The MultivariableIntPolynomial object is a sparse representation of a multivariable polynomial, and contains three data members: a std::set of symbols holding the variables of the polynomial, an std::unordered_map from symbols to unsigned integers storing the maximum degree of each variable, and an std::unordered_map containing the terms of the polynomial. The terms of the polynomial are stored as pairs consisting of an integer_class with keys that are vectors of unsigned ints. The vectors of unsigned ints represent the exponents of the various variables and the integer_class represents the coeficinet, so the term 4*x y**2 z**3 could be represented by the pair {{1,2,3},4} and the polynomial 4*x y**2 z**3 + 8*x**5 y**6 z**7 would be represented by the dictionary {{{1,2,3},4}, {{5,6,7},8}}. Since we are using a sparse representation of the polynomial, only those terms with non-zero coefficients are added to the dictionary. The order of the exponents in the tuple is determined by the order of the variable in the std::set (std::set is, surprisingly, an ordered container), which is determined by Symbol::compare.

####reconcile and translate functions

Consider the polynomials 4*w x**2 y**3 + 8*w**5 x**6 y**7 and 4*x y**2 z**3 + 8*x**5 y**6 z**7. These polynomials both have the same dictionary--{{{1,2,3},4}, {{5,6,7},8}}—but obviously they are not the same polynomial. The same positions in the vectors containing the exponents represent the exponents of different variables in the different dictionaries. If we wanted some way to add or multiply these two polynomials together, we will need some way of accounting for this difference.

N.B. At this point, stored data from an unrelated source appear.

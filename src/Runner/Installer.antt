-- ===== src/Runner/Installer.antt =====
-- src/runner/installer.rs: the data that both backends share. `DateTime<Utc>`, `Instant` and
-- `Duration` are counted in nanoseconds; each reading of a clock is an argument.
use automated_flywheel_setup.Base.{
  ℕ, ◌+◌, ◌-◌, ◌/◌, ◌%◌, ◌^◌, String, Bool, true, false, Option, none, some, List, [], ◌∷◌, ◌++◌,
  length, ltb, if◌then◌else◌,
}
use automated_flywheel_setup.Base.Int.{ℤ, pos}
use automated_flywheel_setup.Classifier.{ErrorClassification}
use automated_flywheel_setup.Remediation.Outcome.{RemediationOutcome}

pub data TestStatus : Type 0 where
  pending running passed failed skipped timed_out cancelled : TestStatus

-- `TestStatus::as_str`
unfoldable pub as_str : TestStatus → String
as_str pending = "pending"
as_str running = "running"
as_str passed = "passed"
as_str failed = "failed"
as_str skipped = "skipped"
as_str timed_out = "timedout"
as_str cancelled = "cancelled"

pub record RetryInfo : Type 0 where
  pub attempt : ℕ
  pub error : String
  pub wait_ms : ℕ

pub record AttemptRecord : Type 0 where
  pub index : ℕ
  pub started_at : ℕ
  pub finished_at : ℕ
  pub status : TestStatus
  pub exit_code : Option ℤ
  pub duration_ms : ℕ
  pub stderr_tail : String
  pub waited_before_ms : ℕ

-- CPU time, `f64` seconds in the source, is in nanoseconds.
pub record Telemetry : Type 0 where
  pub peak_memory_bytes : ℕ
  pub cpu_time : ℕ
  pub network_rx_bytes : ℕ
  pub network_tx_bytes : ℕ
  pub samples : ℕ

pub data ChecksumState : Type 0 where
  not_checked verified mismatch unknown : ChecksumState

pub record ChecksumResult : Type 0 where
  pub matches : Bool
  pub expected : String
  pub actual : String
  pub url : String
  pub download_ms : ℕ
  pub size_bytes : ℕ

pub record TestResult : Type 0 where
  pub installer_name : String
  pub status : TestStatus
  pub success : Bool
  pub exit_code : Option ℤ
  pub stdout : String
  pub stderr : String
  pub duration : ℕ
  pub duration_ms : ℕ
  pub last_attempt_ms : ℕ
  pub started_at : ℕ
  pub finished_at : ℕ
  pub attempt : ℕ
  pub max_attempts : ℕ
  pub retries : List RetryInfo
  pub attempts : List AttemptRecord
  pub container_id : Option String
  pub checksum_result : Option ChecksumResult
  pub checksum_state : ChecksumState
  pub error : Option ErrorClassification
  pub installed_version : Option String
  pub remediation : Option RemediationOutcome
  pub telemetry : Option Telemetry

-- `Duration::as_millis() as u64`
abbrev pub as_millis : ℕ → ℕ
as_millis d = d / 1_000_000 % 2 ^ 64

-- `TestResult::new` at the time `now`
unfoldable pub new : String → ℕ → TestResult
new name now = record {
  installer_name = name;
  status = pending;
  success = false;
  exit_code = none;
  stdout = "";
  stderr = "";
  duration = 0;
  duration_ms = 0;
  last_attempt_ms = 0;
  started_at = now;
  finished_at = now;
  attempt = 1;
  max_attempts = 3;
  retries = [];
  attempts = [];
  container_id = none;
  checksum_result = none;
  checksum_state = not_checked;
  error = none;
  installed_version = none;
  remediation = none;
  telemetry = none;
}

-- The lines that `passed`, `failed`, `timed_out` and `cancelled` share: the end of the test and the
-- time since its start, zero (`to_std().unwrap_or`) if the clock went back.
abbrev pub finish : TestResult → ℕ → TestResult
finish r now = record r {
  finished_at = now;
  duration = now - r.started_at;
  duration_ms = as_millis (now - r.started_at);
  last_attempt_ms = as_millis (now - r.started_at);
}

-- `TestResult::passed`
unfoldable pub with_passed : TestResult → ℕ → TestResult
with_passed r now =
    finish (record r { status = passed; success = true; exit_code = some (pos 0) }) now

-- `TestResult::failed`
unfoldable pub with_failed : TestResult → ℤ → String → ℕ → TestResult
with_failed r exit_code stderr now =
    finish
      (record r { status = failed; success = false; exit_code = some exit_code; stderr = stderr })
      now

-- `TestResult::timed_out`
unfoldable pub with_timed_out : TestResult → ℕ → TestResult
with_timed_out r now = finish (record r { status = timed_out; success = false }) now

-- `TestResult::skipped`
unfoldable pub with_skipped : TestResult → String → ℕ → TestResult
with_skipped r reason now = record r {
  status = skipped;
  success = false;
  stderr = reason;
  finished_at = now;
  duration = 0;
  duration_ms = 0;
  last_attempt_ms = 0;
}

-- `TestResult::cancelled`
unfoldable pub with_cancelled : TestResult → String → ℕ → TestResult
with_cancelled r reason now =
    finish (record r { status = cancelled; success = false; stderr = reason }) now

unfoldable pub with_checksum_result : TestResult → ChecksumResult → TestResult
with_checksum_result r result = record r {
  checksum_state = if result.matches then verified else mismatch;
  checksum_result = some result;
}

unfoldable pub with_checksum_state : TestResult → ChecksumState → TestResult
with_checksum_state r state = record r { checksum_state = state }

unfoldable pub with_container_id : TestResult → String → TestResult
with_container_id r id = record r { container_id = some id }

unfoldable pub with_error : TestResult → ErrorClassification → TestResult
with_error r error = record r { error = some error }

-- `add_retry`; the `u32` attempt wraps.
unfoldable pub add_retry : TestResult → String → ℕ → TestResult
add_retry r error wait_ms = record r {
  retries = r.retries ++ record { attempt = r.attempt; error = error; wait_ms = wait_ms } ∷ [];
  attempt = (r.attempt + 1) % 2 ^ 32;
}

unfoldable pub retry_count : TestResult → ℕ
retry_count r =
    if ltb 1 (length r.attempts)
    then (length r.attempts - 1) % 2 ^ 32
    else length r.retries % 2 ^ 32

unfoldable pub checksum_verified : TestResult → Bool
checksum_verified r = elim r.checksum_result [ none ↦ false | some c ↦ c.matches ]

-- `InstallerTest`; `timeout` is a duration, `timeout_seconds` the same in whole seconds.
pub record InstallerTest : Type 0 where
  pub name : String
  pub url : String
  pub expected_sha256 : Option String
  pub script_path : Option String
  pub timeout : ℕ
  pub timeout_seconds : ℕ
  pub retry_count : ℕ
  pub tags : List String
  pub environment : List (String × String)
  pub interpreter : String
  pub args : List String
  pub expect_binary : Option String
  pub verify_cmd : Option String
  pub version_cmd : Option String
  pub memory_limit : Option ℕ
  pub network : Option String
  pub run_as_root : Option Bool

-- `InstallerTest::new`
unfoldable pub new_test : String → String → InstallerTest
new_test name url = record {
  name = name;
  url = url;
  expected_sha256 = none;
  script_path = none;
  timeout = 300_000_000_000;
  timeout_seconds = 300;
  retry_count = 3;
  tags = [];
  environment = [];
  interpreter = "bash";
  args = [];
  expect_binary = none;
  verify_cmd = none;
  version_cmd = none;
  memory_limit = none;
  network = none;
  run_as_root = none;
}

-- `with_timeout`
unfoldable pub with_timeout : InstallerTest → ℕ → InstallerTest
with_timeout t timeout = record t { timeout = timeout; timeout_seconds = timeout / 1_000_000_000 }

-- `with_sha256`
unfoldable pub with_sha256 : InstallerTest → String → InstallerTest
with_sha256 t sha256 = record t { expected_sha256 = some sha256 }

-- `with_retry_count`
unfoldable pub with_retry_count : InstallerTest → ℕ → InstallerTest
with_retry_count t count = record t { retry_count = count }
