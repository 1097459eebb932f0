-- ===== src/Main.antt =====
-- src/main.rs: the exit code of a check run, from its results.
use automated_flywheel_setup.Base.{ℕ, Bool, true, false, not, ◌&&◌, Option, none, some, List, any}
use automated_flywheel_setup.Exit.{Signal, interrupt, terminate}
use automated_flywheel_setup.Runner.Installer.{TestResult, failed, timed_out, cancelled}

-- `is_failure`
abbrev pub is_failure : TestResult → Bool
is_failure r = elim r.status [ failed ↦ true | timed_out ↦ true | cancelled ↦ true | _ ↦ false ]

abbrev pub is_cancelled : TestResult → Bool
is_cancelled r = elim r.status [ cancelled ↦ true | _ ↦ false ]

-- `any_failed`: results that the deadline cancelled do not count.
unfoldable pub any_failed : Bool → Bool → List TestResult → Bool
any_failed deadline_exceeded signalled results =
    any (λ r. is_failure r && not (deadline_exceeded && not signalled && is_cancelled r)) results

-- `exit_code`
unfoldable pub exit_code_of : Option Signal → Bool → ℕ
exit_code_of (some interrupt) _ = 130
exit_code_of (some terminate) _ = 143
exit_code_of none true = 1
exit_code_of none false = 0
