-- ===== src/Service/Pull/Rollback.antt =====
-- What a result of a poll or an event leaves behind.
use cpanelde.Prelude.{
  ◌≡◌, ◌⊎◌, refl, sym, ap, ◌∙◌, Bool, true, false, not, ◌||◌, List, arith, if◌then◌else◌, Text,
  Option, none, some, ◌==◌, nat_eq, text_eq, codes, Bool-cases, Option-cases, inl, inr, eq_of_beq,
}
use cpanelde.Model.Types.{NodeSpec, UserSpec}
use cpanelde.Model.Users.{or_else}
use cpanelde.Service.{Kernel, Service, report_application}
use cpanelde.Service.Users.{confirm_application, restore_user_state}
use cpanelde.Service.Pull.{
  PullResult, check, apply_changes, desired, with_config, users_in_effect, roll_back, refuse,
  settle, has_new_config, apply_parts, apply_pull_result,
}
use cpanelde.Service.Pull.Keeps.{
  Keeps, Keeps-trans, confirm-Keeps, confirm_hash, changes-Keeps, users-Keeps,
}
use cpanelde.Service.Kernels.{StaysDown}
use cpanelde.Service.Pull.Taken.{confirm_keeps}
use cpanelde.Service.Pull.Effect.{
  Took, Effect, Effect-same, Effect-begun, wanted_users, parts-Effect,
}

-- The configuration, the users and the revision that are wanted are those from before, and the next
-- poll is not skipped.
pub record Untouched {K : Type 0} (before after : Service K) : Type 0 where
  pub config : after.last_config ≡ before.last_config
  pub config_hash : after.last_config_hash ≡ before.last_config_hash
  pub users : after.last_users ≡ before.last_users
  pub user_hash : after.last_user_hash ≡ before.last_user_hash
  pub revision : after.desired_revision ≡ before.desired_revision
  pub reconcile : after.reconcile_needed ≡ true

-- The result is in effect: its configuration is the current one; the current users are its own, if
-- it has any under a new hash, and those from before if not; the kernel has taken them without an
-- error; and if the kernel runs, the revision is confirmed.
pub record InEffect {K : Type 0} (k : Kernel K) (r : PullResult) (before after : Service K)
    : Type 0 where
  pub config : after.last_config ≡ or_else r.config before.last_config
  pub users : after.last_users ≡ wanted_users r before
  pub user_hash : (us : List UserSpec) → r.users ≡ some us → after.last_user_hash ≡ r.user_hash
  pub kernel : Took k r before after.last_config after.last_users after.kernel
  pub revision :
      after.desired_revision ≡ (if r.revision == 0 then before.desired_revision else r.revision)
  pub reconcile : k.is_running after.kernel ≡ true → after.reconcile_needed ≡ false
  pub applied :
      k.is_running after.kernel ≡ true
      → (after.desired_revision == 0) ≡ false
      → after.applied_revision ≡ after.desired_revision

module _ {K : Type 0} (k : Kernel K) (digest : Text → Text) (config_hash : NodeSpec → Text)
    (validate overrides : NodeSpec → Option Text) where
  refuse-Untouched :
      (before s : Service K) (stage e : Text)
      → s.last_config ≡ before.last_config
      → s.last_config_hash ≡ before.last_config_hash
      → s.last_users ≡ before.last_users
      → s.last_user_hash ≡ before.last_user_hash
      → Untouched before (refuse k digest config_hash validate overrides before s stage e)
  unfolding report_application
  refuse-Untouched before s stage e c h u uh = record {
    config = ground (arith, c);
    config_hash = ground (arith, h);
    users = ground (arith, u);
    user_hash = ground (arith, uh);
    revision = refl;
    reconcile = ground arith;
  }

  roll_back-Untouched :
      (before s : Service K)
      → Untouched before (roll_back k digest config_hash validate overrides before s)
  unfolding roll_back report_application restore_user_state
  roll_back-Untouched before s = record {
    config = ground arith;
    config_hash = ground arith;
    users = refl;
    user_hash = refl;
    revision = refl;
    reconcile = ground arith;
  }

  confirm_running :
      (s : Service K)
      → k.is_running (confirm_application k digest overrides s).kernel ≡ true
      → ((confirm_application k digest overrides s).reconcile_needed ≡ false)
        × ((s.desired_revision == 0) ≡ false
            → (confirm_application k digest overrides s).applied_revision ≡ s.desired_revision)
  unfolding confirm_application report_application
  confirm_running s runs = elim (Bool-cases (k.is_running s.kernel)) [
    | inr stopped ↦ cc (rw (stopped, confirm_application) at runs, stopped)
    | inl running ↦
        rw (running, confirm_application)
          (
            ground arith,
            λ wanted. ground (arith, wanted, eq_of_beq s.desired_revision s.applied_revision),
          )
  ]

  with_config-Config :
      (s : Service K) (r : PullResult) (c : Option NodeSpec)
      → (with_config k digest config_hash validate overrides s r c).last_config
        ≡ or_else c s.last_config
  with_config-Config s r none = refl
  with_config-Config s r (some c) = refl

  with_config-revision :
      (s : Service K) (r : PullResult) (c : Option NodeSpec)
      → (with_config k digest config_hash validate overrides s r c).desired_revision
        ≡ s.desired_revision
  with_config-revision s r none = refl
  with_config-revision s r (some c) = refl

  changes_if-Keeps :
      (b : Bool) (t u : Service K)
      → Keeps t u
      → Keeps t (if b then apply_changes k digest config_hash validate overrides u else (u, true)).0
  changes_if-Keeps true t u p =
      Keeps-trans t u _ p (changes-Keeps k digest config_hash validate overrides u)
  changes_if-Keeps false t u p = p

  parts-Keeps :
      (s : Service K) (r : PullResult)
      → Keeps
          (with_config k digest config_hash validate overrides s r r.config)
          (apply_parts k digest config_hash validate overrides s r).0
  parts-Keeps s r =
      changes_if-Keeps (has_new_config k digest config_hash validate overrides r) _ _ (
        users-Keeps k digest config_hash validate overrides
          (with_config k digest config_hash validate overrides s r r.config) r
          (has_new_config k digest config_hash validate overrides r) r.users)

  both_fine : (a b : Bool) → (not a || not b) ≡ false → (a ≡ true) × (b ≡ true)
  both_fine true true h = (refl, refl)
  both_fine true false h = cc
  both_fine false b h = cc

  -- The parts of a result are settled in one of two ways.
  settle_lem :
      (before s : Service K) (r : PullResult) (parts : Service K × Bool)
      → s.last_config ≡ before.last_config
      → s.desired_revision
        ≡ desired k digest config_hash validate overrides r.revision before.desired_revision
      → Keeps (with_config k digest config_hash validate overrides s r r.config) parts.0
      → (parts.1 ≡ true
          → users_in_effect k digest config_hash validate overrides parts.0 r ≡ true
          → Effect k r before parts.0)
      → Untouched before (settle k digest config_hash validate overrides before r parts)
        ⊎ InEffect k r before (settle k digest config_hash validate overrides before r parts)
  settle_lem before s r (t, succeeded) c v p f =
      elim (Bool-cases
        (not succeeded || not (users_in_effect k digest config_hash validate overrides t r))) [
          | inl bad ↦ inl (rw bad (roll_back-Untouched before t))
          | inr fine ↦
              let q = confirm-Keeps k digest config_hash validate overrides t in
              let (kernel, users, h) = confirm_keeps k digest config_hash validate overrides t in
              let (ok, current) = both_fine succeeded _ fine in
              let (set, took) =
                Effect-same k r before t (confirm_application k digest overrides t) kernel users
                  q.config (f ok current) in
              inr (
                rw fine (record {
                  config =
                      q.config
                      ∙ p.config
                      ∙ with_config-Config s r r.config
                      ∙ ap (or_else r.config) c;
                  users = set;
                  kernel = took;
                  user_hash = λ us e.
                      confirm_hash k digest config_hash validate overrides t
                      ∙ sym (eq_of_beq r.user_hash t.last_user_hash (ground (arith, fine, e)));
                  revision = q.revision ∙ p.revision ∙ with_config-revision s r r.config ∙ v;
                  reconcile = λ runs. (confirm_running t runs).0;
                  applied = λ runs wanted.
                      (confirm_running t runs).1 (ap (λ n. n == 0) (sym q.revision) ∙ wanted)
                      ∙ sym q.revision;
                }))
        ]

  -- If a kernel that does not run and fails to start does not run afterwards, a result of a poll or
  -- an event has one of two outcomes. Either the configuration, the users and the wanted revision
  -- are those from before, and another poll is asked for; or the result is in effect. Then its
  -- configuration, if it has one, is the current one, and the current users are its own, if it has
  -- any under a new hash, and else those from before; the kernel has taken what is new, without an
  -- error; and if it runs, no poll is asked for, and a wanted revision is the applied one.
  pub apply_pull_result_all_or_nothing :
      StaysDown k
      → (before : Service K) (r : PullResult)
      → Untouched before (apply_pull_result k digest config_hash validate overrides before r)
        ⊎ InEffect k r before (apply_pull_result k digest config_hash validate overrides before r)
  unfolding apply_pull_result
  apply_pull_result_all_or_nothing down before r =
      elim (Option-cases (check k digest config_hash validate overrides validate r.config)) [
        | inr (e, invalid) ↦ inl (
            rw (invalid, apply_pull_result)
              (refuse-Untouched before begun (codes "validate") e refl refl refl refl))
        | inl valid ↦
            elim (Option-cases (check k digest config_hash validate overrides overrides r.config)) [
              | inr (e, uncertified) ↦ inl (
                  rw (valid, uncertified, apply_pull_result)
                    (refuse-Untouched before begun (codes "certificate") e refl refl refl refl))
              | inl certified ↦
                  rw (valid, certified, apply_pull_result)
                    (settle_lem before begun r
                      (apply_parts k digest config_hash validate overrides begun r) refl refl
                      (parts-Keeps begun r) parts_effect)
            ]
      ]
    where
      begun : Service K
      begun = record before {
        resync_pending = false;
        desired_revision =
            desired k digest config_hash validate overrides r.revision before.desired_revision;
      }

      parts_effect :
          (apply_parts k digest config_hash validate overrides begun r).1 ≡ true
          → users_in_effect k digest config_hash validate overrides
              (apply_parts k digest config_hash validate overrides begun r).0
              r
            ≡ true
          → Effect k r before (apply_parts k digest config_hash validate overrides begun r).0
      parts_effect ok fine =
          Effect-begun k r before (apply_parts k digest config_hash validate overrides begun r).0
            begun.desired_revision
            (parts-Effect k digest config_hash validate overrides down begun r ok fine)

We need a way to translate vectors of exponents associated with a polynomial in w,x,y and vectors associated with a polynomial in x,y,z into vectors appropriate for a polynomial in w,x,y,z. For clarity, we will consider the translation from the polynomial in x,y,z only; the other case is similar. We need to indicate that the first, second, and third entries of the vectors in the x,y,z polynomial must be mapped to the second, third, and fourth entries respectively of the vectors in the w,x,y,z polynomial, we can store this information in a translator vector {2,3,4}. The translate function takes the vectors from the x,y,z polynomials and the translator vector and returns the equivalent exponent vector for the w,x,y,z polynomial. uint_vec_translate_and_add performs both translation and component-wise addition of two vec_uints. The translator vectors are generated by the reconcile function, which also generates the set of symbols of the resulting polynomial.